-- TASK INPUTS follows --

-- ===== src/Upstream/Users.antt =====
-- upstream.go, the cache of users, and whether a user is to be kept in it.
use soju_bouncer.Prelude.{
  Bool, false, ◌||◌, Option, none, some, List, [], ◌∷◌, if◌then◌else◌, ◌==◌, Str, str_Eq, is_empty,
}
use soju_bouncer.Xirc.CaseMappingMap
use soju_bouncer.Xirc.CaseMappingMap.{CaseMappingMap, Entry}
use soju_bouncer.Upstream.State.{UpstreamChannel, UpstreamUser, UpstreamConn, is_our_nick}

abbrev pub no_user : UpstreamUser
no_user = record {
  nickname = [];
  username = [];
  hostname = [];
  server = [];
  flags = [];
  account = [];
  realname = [];
}

abbrev or_old : Str → Str → Str
or_old new old = if is_empty new then old else new

unfoldable pub update_from : UpstreamUser → UpstreamUser → UpstreamUser
update_from uu update = record {
  nickname = or_old update.nickname uu.nickname;
  username = or_old update.username uu.username;
  hostname = or_old update.hostname uu.hostname;
  server = or_old update.server uu.server;
  flags = or_old update.flags uu.flags;
  account = or_old update.account uu.account;
  realname = or_old update.realname uu.realname;
}

abbrev pub cache_in :
    CaseMappingMap (Option UpstreamUser)
    → Str
    → UpstreamUser
    → Option UpstreamUser
    → CaseMappingMap (Option UpstreamUser)
cache_in users nick info none =
    let info' = record info { nickname = or_old info.nickname nick } in
    CaseMappingMap.set users info'.nickname (some info')
cache_in users nick info (some uu) =
    let uu' = update_from uu info in
    if is_empty info.nickname || nick == info.nickname
    then CaseMappingMap.set users nick (some uu')
    else CaseMappingMap.set (CaseMappingMap.del users nick) uu'.nickname (some uu')

-- `none` is the panic on an empty nickname.
unfoldable pub cache_user_info : UpstreamConn → Str → UpstreamUser → Option UpstreamConn
unfolding update_from
cache_user_info uc nick info =
    if is_empty nick
    then none
    else some
        (record uc { users = cache_in uc.users nick info (CaseMappingMap.get none uc.users nick) })

abbrev pub has_member : Option UpstreamChannel → Str → Bool
has_member none nick = false
has_member (some ch) nick = CaseMappingMap.has ch.state.members nick

abbrev pub shares_channel : List (Str × Entry (Option UpstreamChannel)) → Str → Bool
shares_channel [] nick = false
shares_channel ((_, entry) ∷ m) nick = has_member entry.value nick || shares_channel m nick

unfoldable pub should_cache_user_info : UpstreamConn → Str → Bool
unfolding is_our_nick
should_cache_user_info uc nick =
    is_our_nick uc nick
    || (CaseMappingMap.has uc.monitored nick || shares_channel uc.channels.m nick)

abbrev pub forget_user : UpstreamConn → Str → UpstreamConn
forget_user uc nick =
    if should_cache_user_info uc nick
    then uc
    else record uc { users = CaseMappingMap.del uc.users nick }

-- The users of a channel that was left are forgotten one by one.
unfoldable pub forget_members : UpstreamConn → List Str → UpstreamConn
unfolding should_cache_user_info
forget_members uc [] = uc
forget_members uc (nick ∷ nicks) = forget_members (forget_user uc nick) nicks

-- TASK INPUTS concluded --

▶ _REQUIRED ACTION_
Repeat the entries verbatim through the line with "abbrev or_old : Str → Str → Str".

▶ _REPLY_
-- ===== src/Upstream/Users.antt =====
-- upstream.go, the cache of users, and whether a user is to be kept in it.
use soju_bouncer.Prelude.{
  Bool, false, ◌||◌, Option, none, some, List, [], ◌∷◌, if◌then◌else◌, ◌==◌, Str, str_Eq, is_empty,
}
use soju_bouncer.Xirc.CaseMappingMap
use soju_bouncer.Xirc.CaseMappingMap.{CaseMappingMap, Entry}
use soju_bouncer.Upstream.State.{UpstreamChannel, UpstreamUser, UpstreamConn, is_our_nick}

abbrev pub no_user : UpstreamUser
no_user = record {
  nickname = [];
  username = [];
  hostname = [];
  server = [];
  flags = [];
  account = [];
  realname = [];
}

abbrev or_old : Str → Str → Str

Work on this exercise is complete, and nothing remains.